No podemos juzgar el pasado con el estúpido concepto de represión. No se trata de represión, se trata de diferentes maneras de abordar el universo sexual. Cada cultura lo hace de una manera y en muchas de ellas se sigue la dialéctica del misterio.

Otra cosa que se olvida: las mujeres podían quedarse embarazadas. Si eran cuidadosas en sus elecciones y en la gestión de los momentos íntimos ¿eso quería decir que eran reprimidas o que simplemente eran prudentes? Prudencia y represión son dos estados que sólo se parecen en que los dos indican contención, pero la razón de esa contención es muy diferente en ambos.
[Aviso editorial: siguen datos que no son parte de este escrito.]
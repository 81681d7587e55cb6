-- ===== src/Registry/Slots/Renewal.antt =====
-- The slots across `reactivate`, `reenroll` and `adminRevoke`.
use stagepilot_beta.Common.{
  ℕ, zero, suc, ◌+◌, String, Bool, true, false, not, Option, none, some, lookup, insert, ◌≡◌, ◌≤◌,
  ◌<◌, refl, arith, leb, if◌then◌else◌,
}
use stagepilot_beta.Registry.Data.{World, Env, Installation, RegistryStats}
use stagepilot_beta.Registry.Action.{
  Thrown, pure, throw, gets, ◌>>=◌, save, put_stats, load, modify,
}
use stagepilot_beta.Registry.Limits.{count_live, bump_denied, Denied, enrollment_denied}
use stagepilot_beta.Registry.Revocation.{
  mark_active, require_slot, unavailable, store_active, reactivate, unique_id, unused_id,
  fresh_installation, reenroll, revoke_found, admin_revoke,
}
use stagepilot_beta.Registry.Rules.Basic.{
  Keeps, Keeps-pure, Keeps-gets, Keeps-bind, Keeps-elim, keeps_rules,
}
use stagepilot_beta.Registry.Slots.Count.{count_live-insert, insert-IsKeyed}
use stagepilot_beta.Registry.Slots.Steady.{active}
use stagepilot_beta.Registry.Rules.Leads.{
  Leads, Leads-bind, Leads-pure, Leads-if, Leads-keep, Leads-strengthen,
}
use stagepilot_beta.Registry.Slots.Invariant.{IsSound, Holds, IsRead}
use stagepilot_beta.Registry.Slots.Revoking.{stats-IsSound, disable-IsSound, keep_now}

module _ (env : Env) where
  abbrev limit : ℕ
  limit = env.installation_limit

  -- The counter that was read is still stored, and a slot is free.
  pub record IsFree (n : ℕ) (w : World) : Type 0 where
    pub sound : IsSound limit 0 w
    pub read : active w.stats ≡ some n
    pub free : n < limit

  -- A refusal that is counted.
  pub deny-IsSound :
      {A : Type 0} (s : RegistryStats) (field : Denied) (t : Thrown) (Q : A → World → Type 0)
      → Leads
          (IsSound limit 0)
          (IsRead limit (IsSound limit 0) s)
          (bump_denied s field >>= λ _. throw t)
          Q
  unfolding ◌>>=◌ throw bump_denied put_stats modify
  deny-IsSound s field t Q = record {
    at = λ w h. record {
      counter = h.0.counter;
      stored = ground (arith, h.0.stored, h.1);
      covered = h.0.covered;
      bounded = h.0.bounded;
      keyed = h.0.keyed;
    };
  }

  pub unavailable-IsSound :
      (s : RegistryStats) (Q : Unit {0} → World → Type 0)
      → Leads (IsSound limit 0) (IsRead limit (IsSound limit 0) s) (unavailable env s) Q
  unfolding unavailable
  unavailable-IsSound s Q = deny-IsSound s enrollment_denied _ Q

  slot-IsFree :
      (s : RegistryStats) (b : Bool)
      → leb limit s.active_installations ≡ b
      → Leads
          (IsSound limit 0)
          (IsRead limit (IsSound limit 0) s)
          (if b then unavailable env s else pure tt)
          (λ _. IsFree s.active_installations)
  slot-IsFree s true full = unavailable-IsSound s _
  slot-IsFree s false space =
      Leads-pure (IsSound limit 0) tt
        λ w h. record { sound = h.0; read = h.1; free = ground (arith, space) }

  pub require_slot-IsFree :
      (s : RegistryStats)
      → Leads
          (IsSound limit 0)
          (IsRead limit (IsSound limit 0) s)
          (require_slot env s)
          (λ _. IsFree s.active_installations)
  unfolding require_slot
  require_slot-IsFree s =
      Leads-if (IsSound limit 0) (not env.enrollment_enabled) _ _ (unavailable-IsSound s _)
        (slot-IsFree s _ refl)

  pub store_active-IsSound :
      (n : ℕ) (s : RegistryStats) (i : Installation)
      → s.active_installations ≡ n + 1
      → Leads (IsSound limit 0) (IsFree n) (store_active env s i) (λ _. IsSound limit 0)
  unfolding store_active ◌>>=◌ save put_stats modify
  store_active-IsSound n s i more = record {
    at = λ w h.
        let counts = count_live-insert i.id i w.installations in
        let same : h.sound.counter ≡ n = ground (arith, h.sound.stored, h.read) in
        let one_more : count_live (insert i.id i w.installations) ≤ count_live w.installations + 1 =
          ground (arith, counts) in
        record {
          counter = s.active_installations;
          stored = refl;
          covered = omega (arith, one_more, h.sound.covered, same, more);
          bounded = omega (arith, one_more, h.sound.covered, same, h.free);
          keyed = insert-IsKeyed i w.installations h.sound.keyed;
        };
  }

  -- Reactivation takes a slot only where one is free.
  pub reactivate-IsSound :
      (i : Installation)
      → Leads (IsSound limit 0) (IsSound limit 0) (reactivate env i) (λ _. IsSound limit 0)
  unfolding reactivate
  reactivate-IsSound i =
      Leads-if (IsSound limit 0) _ _ _ (Leads-pure (IsSound limit 0) _ (λ w h. h)) (
        Leads-bind (IsSound limit 0) _ _ (stats-IsSound env) λ s.
          Leads-bind (IsSound limit 0) _ _ (require_slot-IsFree s) λ _.
            Leads-bind (IsSound limit 0) _ _ (keep_now env (λ w h. h.sound)) λ at.
              Leads-bind (IsSound limit 0) _ _
                (store_active-IsSound s.active_installations _ (mark_active at i) refl)
                λ _. Leads-pure (IsSound limit 0) _ (λ w h. h))

  unused_id-Keeps : (P : World → Type 0) (n : ℕ) → Keeps P (unused_id env n)
  unfolding unused_id load gets
  unused_id-Keeps P zero = search keeps_rules
  unused_id-Keeps P (suc n) = Keeps-bind _ _ (Keeps-gets _) λ candidate.
      Keeps-bind _ _ (load-Keeps P candidate)
        λ found. Keeps-elim found _ _ (Keeps-pure candidate) (λ _. unused_id-Keeps P n)
    where
      load-Keeps : (P : World → Type 0) (id : String) → Keeps P (load id)
      load-Keeps P id = record { at = λ w h. h }

  pub unique_id-Keeps : (P : World → Type 0) → Keeps P (unique_id env)
  unfolding unique_id
  unique_id-Keeps P = unused_id-Keeps P 5

  -- The installation that takes over needs a free slot, behind the one that is given back.
  pub reenroll-IsSound :
      (i : Installation)
      → Leads (IsSound limit 0) (Holds limit 0 i) (reenroll env i) (λ _. IsSound limit 0)
  unfolding reenroll
  reenroll-IsSound i = Leads-bind (IsSound limit 0) _ _ (disable-IsSound env i true) λ _.
      Leads-bind (IsSound limit 0) _ _ (stats-IsSound env) λ s.
        Leads-bind (IsSound limit 0) _ _ (require_slot-IsFree s) λ _.
          Leads-bind (IsSound limit 0) _ _
            (Leads-keep (IsSound limit 0) (unique_id env) (λ w h. h.sound) (unique_id-Keeps _))
            λ id. Leads-bind (IsSound limit 0) _ _ (keep_now env (λ w h. h.sound)) λ now.
              Leads-bind (IsSound limit 0) _ _
                (store_active-IsSound s.active_installations _ (fresh_installation env id now) refl)
                λ _. Leads-pure (IsSound limit 0) _ (λ w h. h)

  -- What is loaded is stored.
  pub load-Holds :
      (id : String)
      → Leads
          (IsSound limit 0)
          (IsSound limit 0)
          (load id)
          (λ o w. IsSound limit 0 w × (lookup id w.installations ≡ o))
  unfolding load gets
  load-Holds id = record { at = λ w h. (h, refl) }

  pub found-Holds :
      (id : String) (i : Installation) (w : World)
      → IsSound limit 0 w × (lookup id w.installations ≡ some i)
      → Holds limit 0 i w
  found-Holds id i w (sound, found) = record {
    sound = sound;
    old = i;
    known = simp (sound.keyed.own id i found) found;
    same = refl;
  }

  admin_revoke_found :
      (id : String) (o : Option Installation)
      → Leads
          (IsSound limit 0)
          (λ w. IsSound limit 0 w × (lookup id w.installations ≡ o))
          (revoke_found env o)
          (λ _. IsSound limit 0)
  unfolding revoke_found
  admin_revoke_found id none = Leads-pure (IsSound limit 0) _ (λ w h. h.0)
  admin_revoke_found id (some i) =
      Leads-if (IsSound limit 0) _ _ _ (Leads-pure (IsSound limit 0) _ (λ w h. h.0))
        (Leads-strengthen (IsSound limit 0) _ (found-Holds id i) (disable-IsSound env i true))

  pub admin_revoke-IsSound :
      (id : String)
      → Leads (IsSound limit 0) (IsSound limit 0) (admin_revoke env id) (λ _. IsSound limit 0)
  unfolding admin_revoke
  admin_revoke-IsSound id =
      Leads-bind (IsSound limit 0) _ _ (load-Holds id) λ o. admin_revoke_found id o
Asombrosamente, a menudo olvidamos que la revolución sexual se consagró con la llegada de la píldora, no antes, de lo cual se deriva que la píldora hizo más por la libertad sexual que todas las proclamas y todas las ideologías.

Hemos pasado de los misterios del sexo que casi parecían los misterios de Eleusis a la sociedad de la transparencia, ansiosa más que nunca de misterio, y condenada a no tenerlo, y obligada a buscarlo introduciendo en el sexo desconcertantes barroquismos. Todo el misterio que le hemos quitado al sexo se convierte en carencia y propicia relaciones que le devuelvan al sujeto la impresión de acercarse a un enigma, como por ejemplo las citas a ciegas. No es lo mismo que el misterio antiguo y como mucho consigue ser un simulacro. Pero es de sobra sabido que hemos huido de la realidad y que vivimos en la edad de los simulacros.